While in the above-described embodiment, the cam member 14 is provided on the yarn guide tube 9 and the fixed pin 21 is provided on the side of the housing 6, it is noted that the reversal may also be employed. More specifically, the cam groove 13 is not provided in the cam mamber 14 of FIG. 1 but a pin is secured thereto, and the cam groove 13 is formed in the inner peripheral surface of the housing 6 in the inverted fashion. With this arrangement, the tenser may be displaced exactly in the same operation as the above-described operation.

As described above, according to an embodiment of the present invention, the tenser displacing operation at the time of threading may be carried out merely by downwardly pushing the yarn guide pipe. The device provides a tenser displacing device which is excellent in workability, and particularly in a throwing works having a number of two-for-one twisters, the threading work may be carried out efficiently in a short period of time.

Claims

1. A device for displacing a tenser in a two-for-one twister, comprising:

a cylindrical housing;

a lower supporting member secured within the housing;

a yarn guide pipe inserted into the housing and being movable up and down;

an upper supporting member secured to the yarn guide pipe;

a tenser held between the lower supporting member and the upper supporting member;

a means for locating upper and lower positions of said yarn guide pipe;

a spring for axially urging the yarn guide pipe; and

a magnet provided on the housing to attract and hold the tenser at a position displaced from a yarn running area;

wherein the means for locating upper and lower positions of the yarn guide pipe comprises a pin and a cam member formed with a cam groove in engagement with the pin;

wherein said pin is provided to be projected into the housing, and said cam member has a cam groove for locating upper and lower positions of the yarn guide pipe, said cam member being rotatably disposed around the yarn guide pipe whereby said cam groove is formed about the outer periphery of the yarn guide pipe; and

wherein the cam groove comprises a first recess for determining a lower position of the cam member, a second recess for determining an upper position of the cam member, a first guide groove and a second guide groove to make the first recess continuous to the second recess, and a third guide groove to make the second recess continuous to the first recess to thereby form a guide groove in the form of a closed loop.
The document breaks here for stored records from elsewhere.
-- ===== src/Builder/Loaded.antt =====
-- What the plugin does after it was loaded, in terms of its configuration.
use solana_indexer_plugin.Base.{
  ℕ, ◌+◌, Bool, true, false, not, ◌&&◌, ◌||◌, String, Bytes, Option, none, some, List, ltb, ◌≡◌,
  refl, ap, arith, Option-cases, inl, inr, as_u64, ℤ,
}
use solana_indexer_plugin.Errors.{Exit, ok, err, panic, >>=-eq-ok, Exit-cases}
use solana_indexer_plugin.Crates.{Crates}
use solana_indexer_plugin.Account.{ReplicaAccountInfoV2}
use solana_indexer_plugin.Config.{
  GeyserPluginPostgresConfig, AccountsSelectorConfig, ConfigFiles, read_from, done,
}
use solana_indexer_plugin.Database.{Database}
use solana_indexer_plugin.Connect.{Connector, connect_to_db}
use solana_indexer_plugin.Handlers.{AccountHandler}
use solana_indexer_plugin.Handlers.Selected.{IsBase58, has_entry, is_account_selected-eq-has_entry}
use solana_indexer_plugin.AccountsSelector.{
  AccountsSelector, new_accounts_selector, is_account_selected,
}
use solana_indexer_plugin.TransactionSelector.{new_transaction_selector}
use solana_indexer_plugin.ParallelClient.{ParallelClient, new_parallel_client}
use solana_indexer_plugin.Plugin.{GeyserPluginPostgres, skips}
use solana_indexer_plugin.Plugin.Callbacks.{wants}
use solana_indexer_plugin.Builder.{
  map_new, with_selectors, finish_load, on_load, build_parallel_client, after_init, init_query,
  starting_slot,
}

-- The configuration names handlers for the account or for its owner.
abbrev pub configured : Crates → Option AccountsSelectorConfig → Bytes → Bytes → Bool
configured X none account owner = false
configured X (some config) account owner =
    has_entry config.accounts (X.bs58_encode account)
    || has_entry config.owners (X.bs58_encode owner)

-- The selector's answer.
abbrev pub selects : Option AccountsSelector → Bytes → Bytes → Bool
selects none account owner = false
selects (some s) account owner = is_account_selected s account owner

selects-map_new :
    (X : Crates) (base58 : IsBase58 X) (config : Option AccountsSelectorConfig)
    (s : Option AccountsSelector) (account owner : Bytes)
    → map_new (new_accounts_selector X) config ≡ some s
    → selects s account owner ≡ configured X config account owner
unfolding map_new
selects-map_new X base58 none s account owner h = ground arith
selects-map_new X base58 (some config) s account owner h =
    elim (Option-cases (new_accounts_selector X config)) [
      | inl e ↦ ground arith
      | inr (t, e) ↦
          ground (arith, is_account_selected-eq-has_entry X base58 config t account owner e)
    ]

-- What a load that succeeded leaves in the plugin.
pub record IsLoaded (X : Crates) (p : GeyserPluginPostgres) : Type 0 where
  pub config : GeyserPluginPostgresConfig
  pub stored : p.config ≡ some config
  pub client : p.client ≡ some (new_parallel_client config.threads)
  pub accounts :
      map_new (new_accounts_selector X) config.accounts_selector ≡ some p.accounts_selector
  pub transactions :
      map_new (new_transaction_selector X) config.transaction_selector ≡ some p.transaction_selector

with_selectors-IsLoaded :
    (X : Crates) (config : GeyserPluginPostgresConfig) (p q : GeyserPluginPostgres)
    → p.client ≡ some (new_parallel_client config.threads)
    → with_selectors X config p ≡ (ok tt, q)
    → IsLoaded X q
unfolding with_selectors
with_selectors-IsLoaded X config p q connected h =
    elim (Option-cases (map_new (new_accounts_selector X) config.accounts_selector)) [
      | inl e ↦ ground arith
      | inr (a, e) ↦
          elim (Option-cases (map_new (new_transaction_selector X) config.transaction_selector)) [
            | inl f ↦ ground arith
            | inr (t, f) ↦ record {
              config = config;
              stored = ground arith;
              client = ground arith;
              accounts = ground arith;
              transactions = ground arith;
            }
          ]
    ]

client-after_init :
    (D : Database) (config : GeyserPluginPostgresConfig) (r : Option String × D.State)
    (c : ParallelClient) (slot : Option ℕ)
    → after_init D config r ≡ ok (c, slot)
    → c ≡ new_parallel_client config.threads
unfolding after_init
client-after_init D config (some e, db) c slot h = cc
client-after_init D config (none, db) c slot h =
    let (bound, _, made) = >>=-eq-ok (starting_slot D config db) _ h in ground arith

client-build_parallel_client :
    {D : Database} (C : Connector D) (handlers : List AccountHandler)
    (config : GeyserPluginPostgresConfig) (c : ParallelClient) (slot : Option ℕ)
    → build_parallel_client C handlers config ≡ ok (c, slot)
    → c ≡ new_parallel_client config.threads
unfolding build_parallel_client
client-build_parallel_client {D} C handlers config c slot h =
    let (db, _, made) = >>=-eq-ok (connect_to_db C config) _ h in
    client-after_init D config (D.execute_schema (init_query handlers) db) c slot made

finish_load-IsLoaded :
    (X : Crates) {D : Database} (C : Connector D) (handlers : List AccountHandler)
    (config : GeyserPluginPostgresConfig) (r : Exit (ParallelClient × Option ℕ))
    (p q : GeyserPluginPostgres)
    → build_parallel_client C handlers config ≡ r
    → finish_load X config r p ≡ (ok tt, q)
    → IsLoaded X q
unfolding finish_load
finish_load-IsLoaded X C handlers config (ok (c, slot)) p q e h =
    with_selectors-IsLoaded X config _ q
      (ap some (client-build_parallel_client C handlers config c slot e)) h
finish_load-IsLoaded X C handlers config (err e) p q f h = ground arith
finish_load-IsLoaded X C handlers config panic p q f h = ground arith

on_load-IsLoaded :
    (X : Crates) {D : Database} (F : ConfigFiles) (C : Connector D) (handlers : List AccountHandler)
    (config_file : String) (p q : GeyserPluginPostgres)
    → on_load X F C handlers config_file p ≡ (ok tt, q)
    → IsLoaded X q
unfolding on_load
on_load-IsLoaded X F C handlers config_file p q h = elim (Exit-cases (read_from F config_file)) [
  | inl (config, e) ↦
      finish_load-IsLoaded X C handlers config (build_parallel_client C handlers config) p q refl
        (ground arith)
  | inr (inl (e, f)) ↦ ground arith
  | inr (inr f) ↦ ground arith
]

-- If base 58 encoding and decoding are inverse, after a load that succeeded an account is wanted
-- exactly if it is not below the starting slot at startup and the configuration that the plugin
-- stored names handlers for it or for its owner.
pub wants-on_load :
    (X : Crates) (base58 : IsBase58 X) {D : Database} (F : ConfigFiles) (C : Connector D)
    (handlers : List AccountHandler) (config_file : String) (p q : GeyserPluginPostgres)
    (account : ReplicaAccountInfoV2) (slot : ℕ) (is_startup : Bool)
    → on_load X F C handlers config_file p ≡ (ok tt, q)
    → (config : GeyserPluginPostgresConfig) × (q.config ≡ some config)
      × (wants q account slot is_startup ≡ (
          not (skips is_startup slot q.batch_starting_slot)
          && configured X config.accounts_selector account.pubkey account.owner))
wants-on_load X base58 F C handlers config_file p q account slot is_startup h = (
  loaded.config,
  loaded.stored,
  ground (
    arith,
    selects-map_new X base58 loaded.config.accounts_selector q.accounts_selector account.pubkey
        account.owner loaded.accounts,
  ),
)
  where
    loaded : IsLoaded X q
    loaded = on_load-IsLoaded X F C handlers config_file p q h

-- Where the skip is configured and the table of slots has the highest slot `raw_slot`, an account is
-- skipped exactly at startup and if its slot, plus the configured cushion, is below that slot.
pub skips-starting_slot :
    (D : Database) (config : GeyserPluginPostgresConfig) (db : D.State) (raw_slot : ℤ)
    (bound : Option ℕ) (slot : ℕ) (is_startup : Bool)
    → config.skip_upsert_existing_accounts_at_startup ≡ true
    → D.query_opt "SELECT slot FROM slot ORDER BY slot DESC LIMIT 1;" db ≡ done (some raw_slot)
    → starting_slot D config db ≡ ok bound
    → skips is_startup slot bound
      ≡ (is_startup && ltb (slot + config.safe_batch_starting_slot_cushion) (as_u64 raw_slot))
unfolding starting_slot skips
skips-starting_slot D config db raw_slot bound slot is_startup on found h = ground arith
2. The device according to claim 1, further comprising a guide surface projecting toward the first recess, said guide surface being disposed between the first guide groove and the third guide groove, said guide surface having a projected forward end positioned between center lines of the first and the second recesses which are parallel to the axis of the yarn guide pipe.

3. The device according to claim 1, wherein the surfaces of the upper supporting member and lower supporting member which are in abutment with the tenser are substantially conical shaped surfaces, respectively.

4. The device according to claim 1, wherein said pin is secured to the yarn guide pipe, and said housing has an inner peripheral surface in which is located a cam groove for engagement with the pin.